There are three key trends in analytics that depend on big datasets; these are Artificial Intelligence; Streaming IoT; and Cloud Computing. These trends are progressively evolving business intelligence (BI) platforms to help organizations change how they conduct and gain insight into their businesses.

  • AI Platforms
    The coupling of AI and Data Governance is designed to help organizations sanitize their data to gain a single consolidated view of their data sources. In this application, AI is positioned as a trusted advisor to provide guidance and recommendation to detect outliers and suggest data corrections.
  • Streaming IoT data
    Many organizations are strategically incorporating sensory data and real-time data into their business processes. Although IoT data is useful information, the value-added component is to couple IoT with AI to provide more accurate responses to the data in real-time. The generated data responses emphasize the importance of a BI platform that communicates the results, or alerts, appropriately with humans for actionable outcomes.
  • Cloud Computing
    While some organizations may want to keep their data on-premise, it becomes expensive to store and maintain high volumes of data incoming from multiple sources. Hence, cloud and hybrid cloud solutions provide a quick and easy way to access big data, significantly reducing the overall cost for organizations.

How is AI and Machine Learning impacting Big Data analytics?

The overlap of AI and big data is being cultivated to be a synergistic relationship wherein these disciplines often work in concert as AI is valueless without meaningful data, and Big Data is now dependent on analytics driven by AI. The following are a few examples showing where AI is dependent on big data and leverages the use of large datasets:

  • Retrieval and reasoning
  • Automated learning and dynamic scheduling
  • IoT streaming data
  • Natural language processing
  • Computer vision (images or video data)

Natural Language Processing (NLP) is among those fields in AI that require massive amounts of data. For example, NLP techniques will not be possible without large samples of human speech, written records, and recordings. To obtain a generalized model for NLP, the AI algorithm needs to capture high volume, variation and variety of linguistic data points to yield high accuracy. In conclusion, big data is continuing to grow, and AI will be used in concert with big data to help the end-user by automating tasks.

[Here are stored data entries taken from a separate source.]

-- ===== src/Ml/Train.antt =====
-- src/threevn_ml/threevn_ml/train.py: what is trained on, and the artifact that is written. numpy's
-- computations, the opened images with their features, and the cached arrays are arguments. The
-- intrinsics in the manifest are read as numbers, and the ids of episodes are numbers.
pub mod Artifact
pub mod Accepted
pub mod Gated
mod Samples
use vn_robotics.Prelude.{
  ℕ, zero, suc, ◌≡◌, Bool, true, false, ◌&&◌, String, Option, none, some, List, [], ◌∷◌, ◌++◌, map,
  length, ◌==◌, number_eq, string_eq, if◌then◌else◌,
}
use vn_robotics.Py.Errors.{
  Result, ok, raise, index_error, value_error, key_error, zero_division, ◌>>=◌,
}
use vn_robotics.Py.Json.{Number, Json, as_number}
use vn_robotics.Mlops.Gates.Names.{same_texts}
use vn_robotics.Data.Dataset.{Frame, Split, split_by_episode}
use vn_robotics.Data.Collect.Session.{element}
use vn_robotics.Perception.Image.{Intrinsics, Position}
use vn_robotics.Ml.Features.{geometric_features, shape_features, predict, intrinsics_from_manifest}

abbrev pub Matrix : Type 0 → Type 0
Matrix F = List (List F)

-- The dict that `errors` returns.
pub record ErrorSummary (F : Type 0) : Type 0 where
  pub count : ℕ
  pub median_mm : F
  pub p95_mm : F
  pub max_mm : F
  pub mae_x_mm : F
  pub mae_y_mm : F
  pub mae_z_mm : F
  pub bias_z_mm : F

pub record Ridge (F : Type 0) : Type 0 where
  pub alpha : F
  pub weights : Matrix F
  pub intercept : List F

pub record Numerics (F : Type 0) : Type 0 where
  pub solve : (alpha : F) → (features targets : Matrix F) → Result (Matrix F × List F)
  pub apply : Ridge F → Matrix F → Result (Matrix F)
  pub measure : (predicted actual : Matrix F) → Result (ErrorSummary F)
  pub mean : Matrix F → Result (List F)
  pub std : Matrix F → Result (List F)
  pub minimum : Matrix F → Result (List F)
  pub maximum : Matrix F → Result (List F)

-- features.npz
pub record Stored (F : Type 0) : Type 0 where
  pub names : List String
  pub stored_features : Matrix F
  pub stored_labels : Matrix F

-- What load_features returns, and the file that it writes.
pub record Featured (F : Type 0) : Type 0 where
  pub features : Matrix F
  pub labels : Matrix F
  pub frames : List (Frame F)
  pub cached : Option (Stored F)

-- The rows of each part.
pub record Parts : Type 0 where
  pub train_rows : List ℕ
  pub val_rows : List ℕ
  pub test_rows : List ℕ

pub record Scores (F : Type 0) : Type 0 where
  pub on_train : ErrorSummary F
  pub on_val : ErrorSummary F
  pub on_test : ErrorSummary F

-- A fitted variant.
pub record Fitted (F : Type 0) : Type 0 where
  pub ridge : Ridge F
  pub picked : List ℕ
  pub scores : Scores F

abbrev position_of : Frame ℕ → ℕ
position_of f = f.stamp

abbrev parts_of : Split ℕ → Parts
parts_of s = record {
  train_rows = map position_of s.train_frames;
  val_rows = map position_of s.val_frames;
  test_rows = map position_of s.test_frames;
}

module _ {F : Type 0} where
  abbrev pub add_row : Frame F → Option (List F) → Featured F → Featured F
  add_row f none rest = rest
  add_row f (some vector) rest = record rest {
    features = vector ∷ rest.features;
    labels = f.label ∷ rest.labels;
    frames = f ∷ rest.frames;
  }

  -- The loop over the frames.
  unfoldable pub featurise_all :
      (featurise : Frame F → Result (Option (List F))) → List (Frame F) → Result (Featured F)
  featurise_all featurise [] =
      ok (record { features = []; labels = []; frames = []; cached = none })
  featurise_all featurise (f ∷ fs) = do
    vector ← featurise f
    rest ← featurise_all featurise fs
    ok (add_row f vector rest)

  -- np.savez, if every frame was kept and the cache is wanted
  abbrev pub with_cache : (cache : Bool) (count : ℕ) → Featured F → Featured F
  with_cache cache count found =
      if cache && (length found.frames == count)
      then record found {
        cached = some (record {
          names = shape_features;
          stored_features = found.features;
          stored_labels = found.labels;
        });
      }
      else found

  abbrev pub is_reusable : Stored F → List (Frame F) → Bool
  is_reusable stored frames =
      same_texts stored.names shape_features && (length stored.stored_features == length frames)

  abbrev pub extract_all :
      (featurise : Frame F → Result (Option (List F))) (cache : Bool)
      → List (Frame F)
      → Result (Featured F)
  extract_all featurise cache frames = do
    found ← featurise_all featurise frames
    ok (with_cache cache (length frames) found)

  abbrev pub reuse_or :
      (featurise : Frame F → Result (Option (List F)))
      → Option (Stored F)
      → List (Frame F)
      → Result (Featured F)
  reuse_or featurise none frames = extract_all featurise true frames
  reuse_or featurise (some stored) frames =
      let fresh = extract_all featurise true frames in
      if is_reusable stored frames
      then ok (record {
        features = stored.stored_features;
        labels = stored.stored_labels;
        frames = frames;
        cached = none;
      })
      else fresh

  -- The file is read only if the cache is wanted.
  unfoldable pub load_features :
      (featurise : Frame F → Result (Option (List F))) (cache : Bool)
      → Option (Stored F)
      → List (Frame F)
      → Result (Featured F)
  unfolding featurise_all
  load_features featurise false file frames = extract_all featurise false frames
  load_features featurise true file frames = reuse_or featurise file frames

  -- The frames with their positions, which stand for their identities.
  number_frames : ℕ → List (Frame F) → List (Frame ℕ)
  number_frames i [] = []
  number_frames i (f ∷ fs) =
      record { image = f.image; episode = f.episode; index = f.index; label = []; stamp = i }
      ∷ number_frames (suc i) fs

  unfoldable pub parts_by_episode :
      (shuffle : List ℕ → List ℕ) (round_train round_val : ℕ → ℕ) → List (Frame F) → Result Parts
  unfolding number_frames
  parts_by_episode shuffle round_train round_val frames = do
    s ← split_by_episode shuffle round_train round_val (number_frames 0 frames)
    ok (parts_of s)

-- [xs[i] for i in indices]
unfoldable pub rows_at {ℓ} : {A : Type ℓ} → List ℕ → List A → Result (List A)
rows_at [] xs = ok []
rows_at (i ∷ is) xs = do x ← element i xs; rest ← rows_at is xs; ok (x ∷ rest)

each : {A B : Type 0} → (A → Result B) → List A → Result (List B)
each f [] = ok []
each f (x ∷ xs) = do y ← f x; ys ← each f xs; ok (y ∷ ys)

-- features[np.ix_(rows, columns)]
unfoldable pub block : {A : Type 0} → (rows columns : List ℕ) → Matrix A → Result (Matrix A)
unfolding each rows_at
block rows columns m = do chosen ← rows_at rows m; each (rows_at columns) chosen

-- columns[name], of {name: i for i, name in enumerate(names)}; the names differ
column_named : (i : ℕ) → List String → String → Result ℕ
column_named i [] name = raise (key_error name)
column_named i (n ∷ ns) name =
    let rest = column_named (suc i) ns name in if n == name then ok i else rest

unfoldable pub columns_of : List String → Result (List ℕ)
unfolding each column_named
columns_of names = each (column_named 0 shape_features) names

module _ {F : Type 0} (numerics : Numerics F) where
  abbrev score_part :
      (model : Matrix F → Result (Matrix F)) (columns : List ℕ) (features labels : Matrix F)
      (rows : List ℕ)
      → Result (ErrorSummary F)
  score_part model columns features labels rows = do
    x ← block rows columns features
    predicted ← model x
    actual ← rows_at rows labels
    numerics.measure predicted actual

  unfoldable pub score_all :
      (model : Matrix F → Result (Matrix F)) (columns : List ℕ) (features labels : Matrix F)
      → Parts
      → Result (Scores F)
  score_all model columns features labels parts = do
    a ← score_part model columns features labels parts.train_rows
    b ← score_part model columns features labels parts.val_rows
    c ← score_part model columns features labels parts.test_rows
    ok (record { on_train = a; on_val = b; on_test = c })

  -- One round of the loop over the variants.
  unfoldable pub fit_variant :
      (alpha : F) (names : List String) (features labels : Matrix F) → Parts → Result (Fitted F)
  unfolding score_all
  fit_variant alpha names features labels parts = do
    picked ← columns_of names
    x ← block parts.train_rows picked features
    y ← rows_at parts.train_rows labels
    solved ← numerics.solve alpha x y
    let ridge : Ridge F = record { alpha = alpha; weights = solved.0; intercept = solved.1 }
    scores ← score_all (numerics.apply ridge) picked features labels parts
    ok (record { ridge = ridge; picked = picked; scores = scores })

module _ {F : Type 0} ⦃n : Number F⦄ where
  abbrev coordinates : Position F → List F
  coordinates p = p.x ∷ p.y ∷ p.z ∷ []

  -- baseline.predict
  unfoldable pub predict_rows : Intrinsics F → (target_width : F) → Matrix F → Result (Matrix F)
  unfolding each
  predict_rows camera target_width rows = do
    positions ← each (predict camera target_width) rows
    ok (map coordinates positions)

  -- What dividing by a score asks.
  abbrev pub refuse_zero : F → Result {0} Unit
  refuse_zero x = if n.eq x (n.literal 0 0) then raise zero_division else ok tt

  unfoldable pub numbers_of : Intrinsics (Json F) → Result (Intrinsics F)
  numbers_of camera = do
    fx ← as_number camera.fx
    fy ← as_number camera.fy
    cx ← as_number camera.cx
    cy ← as_number camera.cy
    ok (record { fx = fx; fy = fy; cx = cx; cy = cy })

Is a new approach needed for data analytics when IoT becomes more widespread?

As IoT engagement strategies increase within organizations, the combination of IoT streaming data and AI to enable businesses to collect and transform data into usable and valuable information will be at the forefront.

Common interdisciplinary use-cases include predictive maintenance, conversational agents (chatbots), automatic customization of KPI to enhance user experiences, dynamic thresholding, modern cybersecurity and outlier detection. In essence, IoT improves business models by providing accurate real-time information on the systems; thereafter, AI absorbs the dynamic nature of IoT data to provide actionable insights.

How are privacy and security being supported across the analytical systems being used to find value in large datasets?

There are undoubtedly significant challenges in securing Big Data, which include: protecting data and transaction logs, validation of inputs, access control, and real-time preservation of privacy. Although encryption at multiple stages can ensure confidentiality, integrity, and availability of data; enterprises are avidly working on big data best practices that promote innovation without sacrificing the privacy of data.

These practices include effectively using big data to become highly competent in procuring and managing cloud services by well-defining the responsibilities for both the cloud service provider and the cloud service user; and sanitizing the data to avoid the aforementioned privacy issues by consolidating the data to one-source of truth by cleansing, pruning, matching, and merging data at the initial stages.